→ **Aim of the task**:
Only one portion of the data is to be written out: from the line bearing "((k : ℕ) → uid_for_this_handler" through the line bearing "users = users". Write it exactly as it appears.

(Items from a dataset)
☆ ☆ ☆ ☆

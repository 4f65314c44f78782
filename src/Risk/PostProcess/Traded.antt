-- ===== src/Risk/PostProcess/Traded.antt =====
-- An order of a pair of currencies from the hold of its funds to the trades that fill it.
use exchange_cpp.Base.{
  ◌⊎◌, ℕ, ◌==◌, ==_iff, true, ◌≡◌, ◌≢◌, refl, sym, ap, subst, ◌∙◌, arith, if◌then◌else◌, some, List,
  [], ◌∷◌, All, Bool-cases, inl, inr,
}
use exchange_cpp.Base.Dict.{lookup, insert}
use exchange_cpp.Base.Int.{
  ℤ, pos, ◌+ℤ◌, ◌*ℤ◌, ◌≤ℤ◌, int_laws, parts, *ℤ-+ℤ, +ℤ-*ℤ, *ℤ_assoc, *ℤ_comm, *ℤ-zero,
}
use exchange_cpp.Common.{
  OrderAction, ask, bid, OrderType, OrderCommandType, CommandResultCode, CoreSymbolSpecification,
  OrderCommand, MatcherTradeEvent,
}
use exchange_cpp.OrderBook.Bucket.Volume.{total_size}
use exchange_cpp.Risk.Arithmetic.{calculate_amount_ask, calculate_amount_bid_taker_fee}
use exchange_cpp.Risk.Users.{UserProfile, amount_at}
use exchange_cpp.Risk.Users.Totals.{balance, total_balance, total_balance-insert}
use exchange_cpp.Risk.Exchange.{
  refused, amount, hold_amount, bid_hold_amount, ask_hold_amount, hold_currency,
  place_exchange_order,
}
use exchange_cpp.Risk.Exchange.Hold.{Holds, invalid, short, held, place_exchange_order-Holds}
use exchange_cpp.Risk.Exchange.Release.{refused_codes}
use exchange_cpp.Risk.Exchange.Settlement.{in_currency, bids_held, asks_held, cost_held}
use exchange_cpp.Risk.Exchange.Conservation.{
  taker_held, asks_held-total, bids_held-total, handle_matcher_events_exchange_sell_conserves,
  handle_matcher_events_exchange_buy_conserves,
}
use exchange_cpp.Risk.Engine.{RiskEngine, uid_for_this_handler}
use exchange_cpp.Risk.PostProcess.{exchange_trades}

-- The trades of a buying taker carry the price at which its funds are held.
abbrev pub AreHeldAt : OrderAction → ℤ → List MatcherTradeEvent → Type 0
AreHeldAt ask reserve evs = Unit
AreHeldAt bid reserve evs = All (λ (ev : MatcherTradeEvent). ev.bidder_hold_price ≡ reserve) evs

-- What the makers of the trades of a taker of this side held for them, in a currency.
abbrev pub makers_held : ℕ → OrderAction → CoreSymbolSpecification → List MatcherTradeEvent → ℤ
makers_held c ask spec evs = in_currency c spec.quote_currency (bids_held spec evs)
makers_held c bid spec evs = in_currency c spec.base_currency (asks_held spec evs)

cost_held_at :
    (reserve : ℤ) (evs : List MatcherTradeEvent)
    → AreHeldAt bid reserve evs
    → cost_held evs ≡ total_size evs *ℤ reserve
unfolding cost_held total_size
cost_held_at reserve [] h = sym (*ℤ_comm (pos 0) reserve ∙ *ℤ-zero reserve)
cost_held_at reserve (ev ∷ evs) h = omega (
  int_laws,
  parts (cost_held_at reserve evs h.1),
  parts (ap (λ p. ev.size *ℤ p) h.0),
  parts (+ℤ-*ℤ ev.size (total_size evs) reserve),
)

bids_held_at :
    (spec : CoreSymbolSpecification) (reserve : ℤ) (evs : List MatcherTradeEvent)
    → AreHeldAt bid reserve evs
    → calculate_amount_bid_taker_fee (total_size evs) reserve spec ≡ bids_held spec evs
unfolding calculate_amount_bid_taker_fee
bids_held_at spec reserve evs h = omega (
  int_laws,
  parts (bids_held-total spec evs),
  parts (ap (λ x. x *ℤ spec.quote_scale_k) (cost_held_at reserve evs h)),
  parts (*ℤ_assoc (total_size evs) reserve spec.quote_scale_k),
  parts (*ℤ-+ℤ (total_size evs) (reserve *ℤ spec.quote_scale_k) spec.taker_fee),
)

-- A bid of any type but IOC_BUDGET holds what its trades take.
bid_holds :
    (t : OrderType) (cmd : OrderCommand) (spec : CoreSymbolSpecification) (a : ℤ)
    (evs : List MatcherTradeEvent)
    → OrderType.ioc_budget ≢ t
    → AreHeldAt bid cmd.reserve_bid_price evs
    → bid_hold_amount (record cmd { order_type = t; size = total_size evs }) spec ≡ amount a
    → a
      ≡ taker_held (record cmd { command = OrderCommandType.place_order; order_type = t }) spec evs
unfolding bid_hold_amount
bid_holds OrderType.gtc cmd spec a evs n h e =
    ground (arith, bids_held_at spec cmd.reserve_bid_price evs h)
bid_holds OrderType.ioc cmd spec a evs n h e =
    ground (arith, bids_held_at spec cmd.reserve_bid_price evs h)
bid_holds OrderType.ioc_budget cmd spec a evs n h e = absurd (n refl)
bid_holds OrderType.fok cmd spec a evs n h e =
    ground (arith, bids_held_at spec cmd.reserve_bid_price evs h)
bid_holds OrderType.fok_budget cmd spec a evs n h e = ground arith

ask_holds :
    (cmd : OrderCommand) (spec : CoreSymbolSpecification) (a : ℤ) (evs : List MatcherTradeEvent)
    → ask_hold_amount (record cmd { size = total_size evs }) spec ≡ amount a
    → a ≡ asks_held spec evs
unfolding ask_hold_amount calculate_amount_ask
ask_holds cmd spec a evs e = ground (arith, asks_held-total spec evs)

-- What an order that is valid took from the accounts of its user.
record Taken (cmd : OrderCommand) (spec : CoreSymbolSpecification) (p p' : UserProfile)
    : Type 0 where
  sum : ℤ
  is_amount : hold_amount cmd.action cmd spec ≡ amount sum
  moved : (c : ℕ) → balance c p ≡ balance c p' +ℤ in_currency c (hold_currency cmd.action spec) sum
  no_debt : (c : ℕ) → (balance c p' ≡ balance c p) ⊎ (pos 0 ≤ℤ balance c p')

place_exchange_order-Taken :
    (cmd : OrderCommand) (spec : CoreSymbolSpecification) (p : UserProfile)
    → (place_exchange_order cmd spec p).0 ≡ CommandResultCode.valid_for_matching_engine
    → Taken cmd spec p (place_exchange_order cmd spec p).1
unfolding in_currency
place_exchange_order-Taken cmd spec p valid =
    go (place_exchange_order cmd spec p) (place_exchange_order-Holds cmd spec p) valid
  where
    go :
        (r : CommandResultCode × UserProfile)
        → Holds cmd spec p r
        → r.0 ≡ CommandResultCode.valid_for_matching_engine
        → Taken cmd spec p r.1
    go _ (invalid code e) v = absurd (refused_codes cmd.action cmd spec (e ∙ ap refused v))
    go _ (short a p' e l same) v = absurd (nsf v)
      where
        nsf : CommandResultCode.risk_nsf ≡ CommandResultCode.valid_for_matching_engine → ⊥
        nsf v = cc
    go _ (held a p' e l moved) v = record {
      sum = a;
      is_amount = e;
      moved = moved;
      no_debt = λ c. elim (Bool-cases (c == hold_currency cmd.action spec)) [
        | inl hit ↦ inr (
            subst (λ k. pos 0 ≤ℤ balance k p')
              (sym ((==_iff c (hold_currency cmd.action spec)).0 hit)) l)
        | inr miss ↦
            let same : balance c p ≡ balance c p' +ℤ pos 0 =
              moved c ∙ ap (λ b. balance c p' +ℤ (if b then a else pos 0)) miss in
            inl (omega (int_laws, parts same))
      ];
    }

module _ (cmd : OrderCommand) (spec : CoreSymbolSpecification) (e : RiskEngine)
    (all : (k : ℕ) → uid_for_this_handler e k ≡ true) (ev : MatcherTradeEvent)
    (evs : List MatcherTradeEvent) (c : ℕ) where
  -- The funds of all users with the fees.
  abbrev funds : RiskEngine → ℤ
  funds e = total_balance c e.users +ℤ amount_at c e.fees

  abbrev traded : OrderAction → RiskEngine
  traded s = exchange_trades s (ev ∷ evs) spec (some cmd.uid) cmd e

  -- What the trades add to the funds is what the taker and the makers held.
  funds-traded :
      (s : OrderAction) (a : ℤ)
      → hold_amount s (record cmd { size = total_size (ev ∷ evs) }) spec ≡ amount a
      → cmd.command ≡ OrderCommandType.place_order
      → OrderType.ioc_budget ≢ cmd.order_type
      → AreHeldAt s cmd.reserve_bid_price (ev ∷ evs)
      → funds (traded s)
        ≡ funds e +ℤ in_currency c (hold_currency s spec) a +ℤ makers_held c s spec (ev ∷ evs)
  unfolding exchange_trades hold_amount
  funds-traded ask a h placed n at = omega (
    int_laws,
    parts (
        handle_matcher_events_exchange_sell_conserves (uid_for_this_handler e) all (ev ∷ evs) spec
          cmd.uid e.users e.fees c),
    parts (ap (in_currency c spec.base_currency) (ask_holds cmd spec a (ev ∷ evs) h)),
  )
  funds-traded bid a h placed n at = omega (
    int_laws,
    parts (
        handle_matcher_events_exchange_buy_conserves (uid_for_this_handler e) all (ev ∷ evs) spec
          cmd.uid cmd e.users e.fees c),
    parts (
        ap (in_currency c spec.quote_currency) (
          bid_holds cmd.order_type cmd spec a (ev ∷ evs) n at h
          ∙ ap (λ k. taker_held (record cmd { command = k }) spec (ev ∷ evs)) (sym placed))),
  )

-- In a handler that has all users, a PLACE_ORDER for a pair of currencies, of any type but
-- IOC_BUDGET, that PlaceExchangeOrder accepts for a known user leaves every balance of the user as
-- it was or not below 0, and when one or more trades of its whole size together, which carry its
-- reserved price if it is a bid, are then settled, the accounts of all users and the fees together
-- have risen by exactly what the makers of the trades held, price and taker's fee for bids in the
-- quoted currency and the traded amount for asks in the base currency: what the order held pays its
-- trades in full, in the currency of its side, and nothing of it is left over.
pub held_and_traded :
    (cmd : OrderCommand) (spec : CoreSymbolSpecification) (e : RiskEngine) (p : UserProfile)
    (ev : MatcherTradeEvent) (evs : List MatcherTradeEvent) (c : ℕ)
    → ((k : ℕ) → uid_for_this_handler e k ≡ true)
    → lookup cmd.uid e.users ≡ some p
    → cmd.command ≡ OrderCommandType.place_order
    → OrderType.ioc_budget ≢ cmd.order_type
    → total_size (ev ∷ evs) ≡ cmd.size
    → AreHeldAt cmd.action cmd.reserve_bid_price (ev ∷ evs)
    → (place_exchange_order cmd spec p).0 ≡ CommandResultCode.valid_for_matching_engine
    → let users = insert cmd.uid (place_exchange_order cmd spec p).1 e.users in
      let e' =
        exchange_trades cmd.action
          (ev ∷ evs)
          spec
          (some cmd.uid)
          cmd
          (record e { users = users }) in
      ((balance c (place_exchange_order cmd spec p).1 ≡ balance c p)
        ⊎ (pos 0 ≤ℤ balance c (place_exchange_order cmd spec p).1))
      × (total_balance c e'.users +ℤ amount_at c e'.fees
          ≡ total_balance c e.users
            +ℤ amount_at c e.fees
            +ℤ makers_held c cmd.action spec (ev ∷ evs))
unfolding uid_for_this_handler
held_and_traded cmd spec e p ev evs c all known placed n whole at valid =
    let p' = (place_exchange_order cmd spec p).1 in
    let t = place_exchange_order-Taken cmd spec p valid in
    let e1 : RiskEngine = record e { users = insert cmd.uid p' e.users } in
    let of_size : hold_amount cmd.action (record cmd { size = total_size (ev ∷ evs) }) spec
        ≡ amount t.sum =
      ap (λ size. hold_amount cmd.action (record cmd { size = size }) spec) whole ∙ t.is_amount in
    (
      t.no_debt c,
      omega (
        int_laws,
        parts (funds-traded cmd spec e1 all ev evs c cmd.action t.sum of_size placed n at),
        parts (total_balance-insert c cmd.uid p p' e.users known),
        parts (t.moved c),
      ),
    )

☆ ☆ ☆ ☆

→ **Response**:
    → ((k : ℕ) → uid_for_this_handler e k ≡ true)
    → lookup cmd.uid e.users ≡ some p
    → cmd.command ≡ OrderCommandType.place_order
    → OrderType.ioc_budget ≢ cmd.order_type
    → total_size (ev ∷ evs) ≡ cmd.size
    → AreHeldAt cmd.action cmd.reserve_bid_price (ev ∷ evs)
    → (place_exchange_order cmd spec p).0 ≡ CommandResultCode.valid_for_matching_engine
    → let users = insert cmd.uid (place_exchange_order cmd spec p).1 e.users in
      let e' =
        exchange_trades cmd.action
          (ev ∷ evs)
          spec
          (some cmd.uid)
          cmd
          (record e { users = users }) in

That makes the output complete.